• WHAT YOU ARE ASKED TO DO:
Repeat each line of the listing exactly as written.

• EXTRACTED INFORMATION:
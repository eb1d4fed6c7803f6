-- ===== src/Models/Tests.antt =====
-- A registry with two presets, whose binding serves a system target, and its files.
use aca_bot.Prelude.{
  String, true, false, none, some, List, [], ◌∷◌, insert, remove, lookup, ◌≡◌, refl, str_geb,
}
use aca_bot.Errors.{ok}
use aca_bot.Models.Registry.{
  pos, open_ai_config, ModelProvider, ModelPreset, ModelBinding, ModelRegistry,
}
use aca_bot.Models.Targets.{ModelTarget, MutableModelTargetCatalog, system_kind, get_target}
use aca_bot.Models.Checks.{
  validate, is_blank, starts_right, normalize_capabilities, serves, binding_for,
}
use aca_bot.Models.Impacts.{
  provider_entity, provider_impact, delete_provider_from_registry, remove_all,
}
use aca_bot.Models.Requests.{resolve_target_request}
use aca_bot.Models.Manager.{
  FileChange, write_provider, write_preset, write_binding, delete_files, Disk, Manager, reload,
  upsert_action, apply_candidate, state_in, cached,
}
use aca_bot.Models.Changes.{delete_binding, make_report}
use aca_bot.Models.Sound.{IsSound, validate-IsSound}
use aca_bot.Models.Integrity.{
  Operation, upsert_provider_op, upsert_preset_op, upsert_binding_op, delete_provider_op, run,
  run-IsSound,
}
use aca_bot.Models.Cascade.{delete_provider_from_registry-IsSound}
use aca_bot.Models.Resolved.{IsChain, validate-resolve_target_request}
use aca_bot.Models.Answered.{IsAnswered, apply_candidate-IsAnswered}
use aca_bot.Models.Raised.{IsRaised, delete_binding-IsRaised}

abbrev provider : ModelProvider String
provider = record {
  provider_id = "p";
  kind = "deepseek";
  config = open_ai_config (record {
    base_url = "";
    api_key_env = "KEY";
    api_key = "";
    defaults = record { default_headers = []; default_query = []; default_body = [] };
  });
  name = "p";
}

abbrev preset : String → ModelPreset String
preset preset_id = record {
  preset_id = preset_id;
  provider_id = "p";
  model = "m";
  task_kind = " chat";
  context_window = pos 8;
  capabilities = "reasoning" ∷ [];
  max_output_tokens = none;
  model_params = [];
}

abbrev binding : ModelBinding
binding = record {
  binding_id = "b";
  target_id = "system:ltm_extract";
  preset_ids = "x" ∷ "y" ∷ [];
  timeout_sec = some (pos 3);
}

abbrev registry : ModelRegistry String
registry = record {
  providers = ("p", provider) ∷ [];
  presets = ("x", preset "x") ∷ ("y", preset "y") ∷ [];
  bindings = ("b", binding) ∷ [];
}

abbrev target : ModelTarget
target = record {
  target_id = "system:ltm_extract";
  task_kind = "chat";
  source_kind = system_kind;
  owner_id = "ltm_extract";
  description = "长期记忆提取模型";
  required = true;
  allow_fallbacks = true;
  required_capabilities = [];
  metadata = [];
}

abbrev catalog : MutableModelTargetCatalog
catalog = record {
  system_targets = ("system:ltm_extract", target) ∷ [];
  agent_targets = [];
  plugin_targets = [];
}

registry_valid : (validate catalog registry).0 ≡ true
unfolding validate is_blank starts_right normalize_capabilities serves
registry_valid = refl

-- The files are a registry, and every write works.
changed : FileChange String → ModelRegistry String → ModelRegistry String
changed (write_provider p) r = record r { providers = insert p.provider_id p r.providers }
changed (write_preset p) r = record r { presets = insert p.preset_id p r.presets }
changed (write_binding b) r = record r { bindings = insert b.binding_id b r.bindings }
changed (delete_files providers presets bindings) r = record {
  providers = remove_all providers r.providers;
  presets = remove_all presets r.presets;
  bindings = remove_all bindings r.bindings;
}

abbrev disk : Disk String (ModelRegistry String)
disk = record { load = λ r. ok r; write = λ change r. (ok tt, changed change r) }

abbrev empty : ModelRegistry String
empty = record { providers = []; presets = []; bindings = [] }

abbrev manager : ModelRegistry String → Manager String (ModelRegistry String)
manager r = record {
  active_registry = r;
  cache_registry = none;
  cache_expiry = 0;
  last_error = none;
  target_catalog = catalog;
  files = r;
}

abbrev ops : List (Operation String (ModelRegistry String))
ops =
    upsert_provider_op 1 provider
    ∷ upsert_preset_op 2 (preset "x")
    ∷ upsert_preset_op 3 (preset "y")
    ∷ upsert_binding_op 4 binding
    ∷ delete_provider_op 5 "p" false
    ∷ []

run-IsSound_example : IsSound (run disk ops (manager empty)).active_registry
run-IsSound_example =
    run-IsSound disk ops (manager empty)
      (record { provider_keys = tt; sound_presets = tt; sound_bindings = tt; unique_targets = tt })

-- The changes are made, and the provider in use stays.
built : (run disk ops (manager empty)).active_registry ≡ (validate catalog registry).1
unfolding run changed apply_candidate state_in cached str_geb is_blank starts_right
    normalize_capabilities serves
built = refl

validate-resolve_target_request_example :
    IsChain
      (λ n. "n")
      catalog
      ("x" ∷ "y" ∷ [])
      (resolve_target_request (λ n. "n") catalog (validate catalog registry).1 "system:ltm_extract")
unfolding validate binding_for get_target is_blank starts_right normalize_capabilities serves
validate-resolve_target_request_example =
    validate-resolve_target_request (λ n. "n") catalog registry "system:ltm_extract" binding target
      refl refl refl

delete_provider_from_registry-IsSound_example : IsSound (
    delete_provider_from_registry "p"
      (provider_impact (validate catalog registry).1 "p").preset_ids
      (provider_impact (validate catalog registry).1 "p").binding_ids
      (validate catalog registry).1)
delete_provider_from_registry-IsSound_example =
    delete_provider_from_registry-IsSound (validate catalog registry).1 "p"
      (validate-IsSound catalog registry registry_valid)

-- Nothing is left.
cascaded :
    delete_provider_from_registry "p"
      (provider_impact (validate catalog registry).1 "p").preset_ids
      (provider_impact (validate catalog registry).1 "p").binding_ids
      (validate catalog registry).1
    ≡ empty
unfolding delete_provider_from_registry provider_impact validate str_geb is_blank starts_right
    normalize_capabilities serves
cascaded = refl

apply_candidate-IsAnswered_example : IsAnswered disk (write_provider provider) (manager registry) (
    apply_candidate disk 7
      (make_report upsert_action provider_entity "p" (provider_impact registry "p") [] [] [])
      (λ r. record r { providers = insert "p" provider r.providers })
      (write_provider provider)
      (manager registry))
apply_candidate-IsAnswered_example =
    apply_candidate-IsAnswered disk 7 (write_provider provider) (manager registry)
      (make_report upsert_action provider_entity "p" (provider_impact registry "p") [] [] [])
      (λ r. record r { providers = insert "p" provider r.providers })

abbrev without_binding : ModelRegistry String
without_binding = record registry { bindings = [] }

delete_binding-IsRaised_example :
    IsRaised (validate catalog without_binding).1 (delete_binding disk 7 "b" (manager registry))
unfolding validate lookup remove remove_all changed is_blank starts_right normalize_capabilities
    serves
delete_binding-IsRaised_example =
    delete_binding-IsRaised disk 7 "b" (manager registry) without_binding without_binding refl refl
      refl refl refl

abbrev dangling : ModelRegistry String
dangling = record registry { providers = [] }

abbrev edited : Manager String (ModelRegistry String)
edited = record (manager empty) { files = dangling }

-- A reload that fails leaves what it loaded in the cache, so that the next one says it worked.
reload_twice :
    ((reload disk 1 edited).0.is_ok ≡ false)
    × ((reload disk 2 (reload disk 1 edited).1).0.is_ok ≡ true)
    × ((reload disk 2 (reload disk 1 edited).1).1.active_registry ≡ empty)
unfolding reload cached starts_right is_blank
reload_twice = (refl, refl, refl)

• ANSWER SPACE:
repository eb1d4fed6c7803f6
-- ===== src/Models/Tests.antt =====
-- A registry with two presets, whose binding serves a system target, and its files.
use aca_bot.Prelude.{
  String, true, false, none, some, List, [], ◌∷◌, insert, remove, lookup, ◌≡◌, refl, str_geb,
}
use aca_bot.Errors.{ok}
use aca_bot.Models.Registry.{
  pos, open_ai_config, ModelProvider, ModelPreset, ModelBinding, ModelRegistry,
}
use aca_bot.Models.Targets.{ModelTarget, MutableModelTargetCatalog, system_kind, get_target}
use aca_bot.Models.Checks.{
  validate, is_blank, starts_right, normalize_capabilities, serves, binding_for,
}
use aca_bot.Models.Impacts.{
  provider_entity, provider_impact, delete_provider_from_registry, remove_all,
}
use aca_bot.Models.Requests.{resolve_target_request}
use aca_bot.Models.Manager.{
  FileChange, write_provider, write_preset, write_binding, delete_files, Disk, Manager, reload,
  upsert_action, apply_candidate, state_in, cached,
}
use aca_bot.Models.Changes.{delete_binding, make_report}
use aca_bot.Models.Sound.{IsSound, validate-IsSound}
use aca_bot.Models.Integrity.{
  Operation, upsert_provider_op, upsert_preset_op, upsert_binding_op, delete_provider_op, run,
  run-IsSound,
}
use aca_bot.Models.Cascade.{delete_provider_from_registry-IsSound}
use aca_bot.Models.Resolved.{IsChain, validate-resolve_target_request}
use aca_bot.Models.Answered.{IsAnswered, apply_candidate-IsAnswered}
use aca_bot.Models.Raised.{IsRaised, delete_binding-IsRaised}

abbrev provider : ModelProvider String
provider = record {
  provider_id = "p";
  kind = "deepseek";
  config = open_ai_config (record {
    base_url = "";
    api_key_env = "KEY";
    api_key = "";
    defaults = record { default_headers = []; default_query = []; default_body = [] };
  });
  name = "p";
}

abbrev preset : String → ModelPreset String
preset preset_id = record {
  preset_id = preset_id;
  provider_id = "p";
  model = "m";
  task_kind = " chat";
  context_window = pos 8;
  capabilities = "reasoning" ∷ [];
  max_output_tokens = none;
  model_params = [];
}

abbrev binding : ModelBinding
binding = record {
  binding_id = "b";
  target_id = "system:ltm_extract";
  preset_ids = "x" ∷ "y" ∷ [];
  timeout_sec = some (pos 3);
}

abbrev registry : ModelRegistry String
registry = record {
  providers = ("p", provider) ∷ [];
  presets = ("x", preset "x") ∷ ("y", preset "y") ∷ [];
  bindings = ("b", binding) ∷ [];
}

abbrev target : ModelTarget
target = record {
  target_id = "system:ltm_extract";
  task_kind = "chat";
  source_kind = system_kind;
  owner_id = "ltm_extract";
  description = "长期记忆提取模型";
  required = true;
  allow_fallbacks = true;
  required_capabilities = [];
  metadata = [];
}

abbrev catalog : MutableModelTargetCatalog
catalog = record {
  system_targets = ("system:ltm_extract", target) ∷ [];
  agent_targets = [];
  plugin_targets = [];
}

registry_valid : (validate catalog registry).0 ≡ true
unfolding validate is_blank starts_right normalize_capabilities serves
registry_valid = refl

-- The files are a registry, and every write works.
changed : FileChange String → ModelRegistry String → ModelRegistry String
changed (write_provider p) r = record r { providers = insert p.provider_id p r.providers }
changed (write_preset p) r = record r { presets = insert p.preset_id p r.presets }
changed (write_binding b) r = record r { bindings = insert b.binding_id b r.bindings }
changed (delete_files providers presets bindings) r = record {
  providers = remove_all providers r.providers;
  presets = remove_all presets r.presets;
  bindings = remove_all bindings r.bindings;
}

abbrev disk : Disk String (ModelRegistry String)
disk = record { load = λ r. ok r; write = λ change r. (ok tt, changed change r) }

abbrev empty : ModelRegistry String
empty = record { providers = []; presets = []; bindings = [] }

abbrev manager : ModelRegistry String → Manager String (ModelRegistry String)
manager r = record {
  active_registry = r;
  cache_registry = none;
  cache_expiry = 0;
  last_error = none;
  target_catalog = catalog;
  files = r;
}

abbrev ops : List (Operation String (ModelRegistry String))
ops =
    upsert_provider_op 1 provider
    ∷ upsert_preset_op 2 (preset "x")
    ∷ upsert_preset_op 3 (preset "y")
    ∷ upsert_binding_op 4 binding
    ∷ delete_provider_op 5 "p" false
    ∷ []

run-IsSound_example : IsSound (run disk ops (manager empty)).active_registry
run-IsSound_example =
    run-IsSound disk ops (manager empty)
      (record { provider_keys = tt; sound_presets = tt; sound_bindings = tt; unique_targets = tt })

-- The changes are made, and the provider in use stays.
built : (run disk ops (manager empty)).active_registry ≡ (validate catalog registry).1
unfolding run changed apply_candidate state_in cached str_geb is_blank starts_right
    normalize_capabilities serves
built = refl

validate-resolve_target_request_example :
    IsChain
      (λ n. "n")
      catalog
      ("x" ∷ "y" ∷ [])
      (resolve_target_request (λ n. "n") catalog (validate catalog registry).1 "system:ltm_extract")
unfolding validate binding_for get_target is_blank starts_right normalize_capabilities serves
validate-resolve_target_request_example =
    validate-resolve_target_request (λ n. "n") catalog registry "system:ltm_extract" binding target
      refl refl refl

delete_provider_from_registry-IsSound_example : IsSound (
    delete_provider_from_registry "p"
      (provider_impact (validate catalog registry).1 "p").preset_ids
      (provider_impact (validate catalog registry).1 "p").binding_ids
      (validate catalog registry).1)
delete_provider_from_registry-IsSound_example =
    delete_provider_from_registry-IsSound (validate catalog registry).1 "p"
      (validate-IsSound catalog registry registry_valid)

-- Nothing is left.
cascaded :
    delete_provider_from_registry "p"
      (provider_impact (validate catalog registry).1 "p").preset_ids
      (provider_impact (validate catalog registry).1 "p").binding_ids
      (validate catalog registry).1
    ≡ empty
unfolding delete_provider_from_registry provider_impact validate str_geb is_blank starts_right
    normalize_capabilities serves
cascaded = refl

apply_candidate-IsAnswered_example : IsAnswered disk (write_provider provider) (manager registry) (
    apply_candidate disk 7
      (make_report upsert_action provider_entity "p" (provider_impact registry "p") [] [] [])
      (λ r. record r { providers = insert "p" provider r.providers })
      (write_provider provider)
      (manager registry))
apply_candidate-IsAnswered_example =
    apply_candidate-IsAnswered disk 7 (write_provider provider) (manager registry)
      (make_report upsert_action provider_entity "p" (provider_impact registry "p") [] [] [])
      (λ r. record r { providers = insert "p" provider r.providers })

abbrev without_binding : ModelRegistry String
without_binding = record registry { bindings = [] }

delete_binding-IsRaised_example :
    IsRaised (validate catalog without_binding).1 (delete_binding disk 7 "b" (manager registry))
unfolding validate lookup remove remove_all changed is_blank starts_right normalize_capabilities
    serves
delete_binding-IsRaised_example =
    delete_binding-IsRaised disk 7 "b" (manager registry) without_binding without_binding refl refl
      refl refl refl

abbrev dangling : ModelRegistry String
dangling = record registry { providers = [] }

abbrev edited : Manager String (ModelRegistry String)
edited = record (manager empty) { files = dangling }

-- A reload that fails leaves what it loaded in the cache, so that the next one says it worked.
reload_twice :
    ((reload disk 1 edited).0.is_ok ≡ false)
    × ((reload disk 2 (reload disk 1 edited).1).0.is_ok ≡ true)
    × ((reload disk 2 (reload disk 1 edited).1).1.active_registry ≡ empty)
unfolding reload cached starts_right is_blank
reload_twice = (refl, refl, refl)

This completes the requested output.